* [TO DO]: Copy out all of the entries, keeping every word the same.

* [EXTRACTED ENTRIES]:
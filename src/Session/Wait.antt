-- ===== src/Session/Wait.antt =====
-- sbuild/sbuild-session.cc: `wait_for_child`.
pub mod Laws
pub mod Sends
use schroot.Prelude.{
  ℕ, Bool, true, false, not, ◌&&◌, ◌||◌, Option, none, some, List, [], ◌∷◌, if◌then◌else◌,
}
use schroot.Exception.{
  Exception, session_error, child_wait, signal_catch, child_signal, child_core, child_fail,
}
use schroot.Session.World.{
  Event, kill_child, Signal, sighup, sigterm, Arrivals, Waits, WaitStatus, wait_failed, exited,
  signalled, dumped_core, abnormal,
}
use schroot.Session.Exec.{State, log}

abbrev pub exit_failure : ℕ
exit_failure = 1

-- The handlers set their flags.
abbrev pub arrive : Arrivals → State → State
arrive a s = record s {
  sighup_called = s.sighup_called || a.hup;
  sigint_called = s.sigint_called || a.int;
  sigterm_called = s.sigterm_called || a.term;
}

-- A SIGHUP or SIGTERM is passed on to the child, once: the state, and `child_killed`.
unfoldable pub pass_signal : Bool → State → State × Bool
pass_signal child_killed s =
    if (s.sighup_called || s.sigterm_called) && not child_killed
    then (
      record (log (kill_child (if s.sighup_called then sighup else sigterm)) s) {
        chroot_status = false;
      },
      true,
    )
    else (s, child_killed)

-- After the loop: the exit status, or the exception.
unfoldable pub decode : WaitStatus → ℕ × Option Exception
decode wait_failed = (exit_failure, some (session_error child_wait))
decode (exited status) = (status, none)
decode signalled = (exit_failure, some (session_error child_signal))
decode dumped_core = (exit_failure, some (session_error child_core))
decode abnormal = (exit_failure, some (session_error child_fail))

-- What `wait_for_child` leaves in its argument `child_status`, what it throws, and the state.
pub record Waited : Type 0 where
  pub status : ℕ
  pub thrown : Option Exception
  pub state : State

-- The waitpid(2) that was not interrupted has returned.
unfoldable pub returned : WaitStatus → State → Waited
returned wait_failed s = record {
  status = exit_failure;
  thrown = some (session_error child_wait);
  state = s;
}
returned status s =
    if s.sighup_called
    then record {
      status = exit_failure;
      thrown = some (session_error signal_catch);
      state = record s { sighup_called = false };
    }
    else if s.sigterm_called
    then record {
      status = exit_failure;
      thrown = some (session_error signal_catch);
      state = record s { sigterm_called = false };
    }
    else record { status = (decode status).0; thrown = (decode status).1; state = s }

-- The loop. An EINTR with no flag set is an error.
unfoldable pub wait_loop : List Arrivals → Arrivals → WaitStatus → Bool → State → Waited
wait_loop [] arrivals status child_killed s =
    let (s', child_killed') = pass_signal child_killed s in returned status (arrive arrivals s')
wait_loop (a ∷ interrupts) arrivals status child_killed s =
    let passed = pass_signal child_killed s in
    let s' = arrive a passed.0 in
    let rest = wait_loop interrupts arrivals status passed.1 s' in
    if s'.sighup_called || s'.sigterm_called || s'.sigint_called
    then rest
    else record { status = exit_failure; thrown = some (session_error child_wait); state = s' }

unfoldable pub wait_for_child : Waits → State → Waited
wait_for_child waits s = wait_loop waits.interrupts waits.arrivals waits.status false s
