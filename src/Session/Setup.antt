-- ===== src/Session/Setup.antt =====
-- sbuild/sbuild-session.cc: `setup_chroot`.
pub mod Laws
use schroot.Prelude.{
  ℕ, zero, suc, Bool, true, false, not, ◌&&◌, ◌||◌, Option, none, some, List, [], ◌∷◌, is_empty,
  if◌then◌else◌,
}
use schroot.Exception.{
  Exception, Result, ok, throw, session_error, chroot_lock, chroot_unlock, chroot_setup, child_fork,
  is_chroot_error, assertion,
}
use schroot.Session.Chroot.{Chroot, SetupType, setup_start, setup_recover, setup_stop}
use schroot.Session.World.{Event, lock, unlock, setup_scripts, History, Waits, World}
use schroot.Session.Exec.{
  State, M, ◌>>=◌, ◌>>◌, done, raise, modify, try_catch, swallow, log, call, answer,
}
use schroot.Session.Wait.{Waited, wait_for_child}

-- `session::operation`
pub data Operation : Type 0 where
  automatic begin recover end_session run_session : Operation

-- The stages of each operation.
unfoldable pub applies : Operation → SetupType → Bool
applies begin setup_start = true
applies recover setup_recover = true
applies end_session setup_stop = true
applies automatic setup_start = true
applies automatic setup_stop = true
applies operation stage = false

abbrev pub is_start : SetupType → Bool
is_start setup_start = true
is_start setup_recover = false
is_start setup_stop = false

abbrev pub fail_chroot : State → State
fail_chroot s = record s { chroot_status = false }

abbrev pub fail_lock : State → State
fail_lock s = record s { chroot_status = false; lock_status = false }

abbrev pub finish_wait : Option Exception → ℕ → State → Result ℕ × State
finish_wait none status s = (ok status, s)
finish_wait (some e) status s = (throw e, s)

module _ (w : World) where
  abbrev pub lock_chroot : Chroot → SetupType → M (Unit {0})
  lock_chroot chroot stage = call (lock chroot.name stage) (λ h. w.lock_answer h chroot stage)

  abbrev pub unlock_chroot : Chroot → SetupType → ℕ → M (Unit {0})
  unlock_chroot chroot stage status =
      call (unlock chroot.name stage status) (λ h. w.unlock_answer h chroot stage status)

  -- A lock that fails is released, which also removes the session's file.
  unfoldable pub acquire : Chroot → SetupType → M (Unit {0})
  acquire chroot stage = try_catch is_chroot_error (lock_chroot chroot stage) λ e. do
    modify fail_lock
    swallow is_chroot_error (unlock_chroot chroot stage 0)
    raise (session_error chroot_lock)

  -- The environment of the scripts, and the list of the scripts.
  abbrev pub prepare : Chroot → M (Unit {0})
  prepare chroot s = answer (w.setup_answer s.history chroot) s

  -- fork(2) and `wait_for_child`, with the exit status of the scripts
  unfoldable pub run_scripts : Chroot → SetupType → M ℕ
  run_scripts chroot stage s =
      if w.fork_fails s.history
      then (throw (session_error child_fork), fail_chroot s)
      else let s' = log (setup_scripts chroot.name stage s.chroot_status) s in
        let waited = wait_for_child (w.waits s'.history) s' in
        finish_wait waited.thrown waited.status waited.state

  unfoldable pub release : Chroot → SetupType → ℕ → M (Unit {0})
  release chroot stage status =
      try_catch is_chroot_error (unlock_chroot chroot stage status)
        λ e. do modify fail_lock; raise (session_error chroot_unlock)

  -- A failed script fails the stage.
  unfoldable pub check_scripts : ℕ → M (Unit {0})
  check_scripts zero = done
  check_scripts (suc n) = do modify fail_chroot; raise (session_error chroot_setup)

  -- What follows the early returns.
  unfoldable pub perform : Chroot → SetupType → M (Unit {0})
  perform chroot stage = do
    modify (λ s. if is_start stage then record s { chroot_status = true } else s)
    acquire chroot stage
    prepare chroot
    status ← run_scripts chroot stage
    release chroot stage status
    check_scripts status

  -- The early returns: the stage is not one of the operation, a lock has failed before, or the
  -- chroot runs no setup scripts.
  unfoldable pub setup_chroot : Operation → Chroot → SetupType → M (Unit {0})
  setup_chroot operation chroot stage s =
      if is_empty chroot.name
      then (throw assertion, s)
      else if not (applies operation stage)
      then (ok tt, s)
      else if not s.lock_status
      then (ok tt, s)
      else if not chroot.run_setup_scripts
      then (ok tt, s)
      else perform chroot stage s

* [EXPECTED OUTPUT]:
filename src/Session/Wait.antt
-- ===== src/Session/Wait.antt =====
-- sbuild/sbuild-session.cc: `wait_for_child`.
pub mod Laws
pub mod Sends
use schroot.Prelude.{
  ℕ, Bool, true, false, not, ◌&&◌, ◌||◌, Option, none, some, List, [], ◌∷◌, if◌then◌else◌,
}
use schroot.Exception.{
  Exception, session_error, child_wait, signal_catch, child_signal, child_core, child_fail,
}
use schroot.Session.World.{
  Event, kill_child, Signal, sighup, sigterm, Arrivals, Waits, WaitStatus, wait_failed, exited,
  signalled, dumped_core, abnormal,
}
use schroot.Session.Exec.{State, log}

abbrev pub exit_failure : ℕ
exit_failure = 1

-- The handlers set their flags.
abbrev pub arrive : Arrivals → State → State
arrive a s = record s {
  sighup_called = s.sighup_called || a.hup;
  sigint_called = s.sigint_called || a.int;
  sigterm_called = s.sigterm_called || a.term;
}

-- A SIGHUP or SIGTERM is passed on to the child, once: the state, and `child_killed`.
unfoldable pub pass_signal : Bool → State → State × Bool
pass_signal child_killed s =
    if (s.sighup_called || s.sigterm_called) && not child_killed
    then (
      record (log (kill_child (if s.sighup_called then sighup else sigterm)) s) {
        chroot_status = false;
      },
      true,
    )
    else (s, child_killed)

-- After the loop: the exit status, or the exception.
unfoldable pub decode : WaitStatus → ℕ × Option Exception
decode wait_failed = (exit_failure, some (session_error child_wait))
decode (exited status) = (status, none)
decode signalled = (exit_failure, some (session_error child_signal))
decode dumped_core = (exit_failure, some (session_error child_core))
decode abnormal = (exit_failure, some (session_error child_fail))

-- What `wait_for_child` leaves in its argument `child_status`, what it throws, and the state.
pub record Waited : Type 0 where
  pub status : ℕ
  pub thrown : Option Exception
  pub state : State

-- The waitpid(2) that was not interrupted has returned.
unfoldable pub returned : WaitStatus → State → Waited
returned wait_failed s = record {
  status = exit_failure;
  thrown = some (session_error child_wait);
  state = s;
}
returned status s =
    if s.sighup_called
    then record {
      status = exit_failure;
      thrown = some (session_error signal_catch);
      state = record s { sighup_called = false };
    }
    else if s.sigterm_called
    then record {
      status = exit_failure;
      thrown = some (session_error signal_catch);
      state = record s { sigterm_called = false };
    }
    else record { status = (decode status).0; thrown = (decode status).1; state = s }

-- The loop. An EINTR with no flag set is an error.
unfoldable pub wait_loop : List Arrivals → Arrivals → WaitStatus → Bool → State → Waited
wait_loop [] arrivals status child_killed s =
    let (s', child_killed') = pass_signal child_killed s in returned status (arrive arrivals s')
wait_loop (a ∷ interrupts) arrivals status child_killed s =
    let passed = pass_signal child_killed s in
    let s' = arrive a passed.0 in
    let rest = wait_loop interrupts arrivals status passed.1 s' in
    if s'.sighup_called || s'.sigterm_called || s'.sigint_called
    then rest
    else record { status = exit_failure; thrown = some (session_error child_wait); state = s' }

unfoldable pub wait_for_child : Waits → State → Waited
wait_for_child waits s = wait_loop waits.interrupts waits.arrivals waits.status false s
filename src/Session/Setup.antt
-- ===== src/Session/Setup.antt =====
-- sbuild/sbuild-session.cc: `setup_chroot`.
pub mod Laws
use schroot.Prelude.{
  ℕ, zero, suc, Bool, true, false, not, ◌&&◌, ◌||◌, Option, none, some, List, [], ◌∷◌, is_empty,
  if◌then◌else◌,
}
use schroot.Exception.{
  Exception, Result, ok, throw, session_error, chroot_lock, chroot_unlock, chroot_setup, child_fork,
  is_chroot_error, assertion,
}
use schroot.Session.Chroot.{Chroot, SetupType, setup_start, setup_recover, setup_stop}
use schroot.Session.World.{Event, lock, unlock, setup_scripts, History, Waits, World}
use schroot.Session.Exec.{
  State, M, ◌>>=◌, ◌>>◌, done, raise, modify, try_catch, swallow, log, call, answer,
}
use schroot.Session.Wait.{Waited, wait_for_child}

-- `session::operation`
pub data Operation : Type 0 where
  automatic begin recover end_session run_session : Operation

-- The stages of each operation.
unfoldable pub applies : Operation → SetupType → Bool
applies begin setup_start = true
applies recover setup_recover = true
applies end_session setup_stop = true
applies automatic setup_start = true
applies automatic setup_stop = true
applies operation stage = false

abbrev pub is_start : SetupType → Bool
is_start setup_start = true
is_start setup_recover = false
is_start setup_stop = false

abbrev pub fail_chroot : State → State
fail_chroot s = record s { chroot_status = false }

abbrev pub fail_lock : State → State
fail_lock s = record s { chroot_status = false; lock_status = false }

abbrev pub finish_wait : Option Exception → ℕ → State → Result ℕ × State
finish_wait none status s = (ok status, s)
finish_wait (some e) status s = (throw e, s)

module _ (w : World) where
  abbrev pub lock_chroot : Chroot → SetupType → M (Unit {0})
  lock_chroot chroot stage = call (lock chroot.name stage) (λ h. w.lock_answer h chroot stage)

  abbrev pub unlock_chroot : Chroot → SetupType → ℕ → M (Unit {0})
  unlock_chroot chroot stage status =
      call (unlock chroot.name stage status) (λ h. w.unlock_answer h chroot stage status)

  -- A lock that fails is released, which also removes the session's file.
  unfoldable pub acquire : Chroot → SetupType → M (Unit {0})
  acquire chroot stage = try_catch is_chroot_error (lock_chroot chroot stage) λ e. do
    modify fail_lock
    swallow is_chroot_error (unlock_chroot chroot stage 0)
    raise (session_error chroot_lock)

  -- The environment of the scripts, and the list of the scripts.
  abbrev pub prepare : Chroot → M (Unit {0})
  prepare chroot s = answer (w.setup_answer s.history chroot) s

  -- fork(2) and `wait_for_child`, with the exit status of the scripts
  unfoldable pub run_scripts : Chroot → SetupType → M ℕ
  run_scripts chroot stage s =
      if w.fork_fails s.history
      then (throw (session_error child_fork), fail_chroot s)
      else let s' = log (setup_scripts chroot.name stage s.chroot_status) s in
        let waited = wait_for_child (w.waits s'.history) s' in
        finish_wait waited.thrown waited.status waited.state

  unfoldable pub release : Chroot → SetupType → ℕ → M (Unit {0})
  release chroot stage status =
      try_catch is_chroot_error (unlock_chroot chroot stage status)
        λ e. do modify fail_lock; raise (session_error chroot_unlock)

  -- A failed script fails the stage.
  unfoldable pub check_scripts : ℕ → M (Unit {0})
  check_scripts zero = done
  check_scripts (suc n) = do modify fail_chroot; raise (session_error chroot_setup)

  -- What follows the early returns.
  unfoldable pub perform : Chroot → SetupType → M (Unit {0})
  perform chroot stage = do
    modify (λ s. if is_start stage then record s { chroot_status = true } else s)
    acquire chroot stage
    prepare chroot
    status ← run_scripts chroot stage
    release chroot stage status
    check_scripts status

  -- The early returns: the stage is not one of the operation, a lock has failed before, or the
  -- chroot runs no setup scripts.
  unfoldable pub setup_chroot : Operation → Chroot → SetupType → M (Unit {0})
  setup_chroot operation chroot stage s =
      if is_empty chroot.name
      then (throw assertion, s)
      else if not (applies operation stage)
      then (ok tt, s)
      else if not s.lock_status
      then (ok tt, s)
      else if not chroot.run_setup_scripts
      then (ok tt, s)
      else perform chroot stage s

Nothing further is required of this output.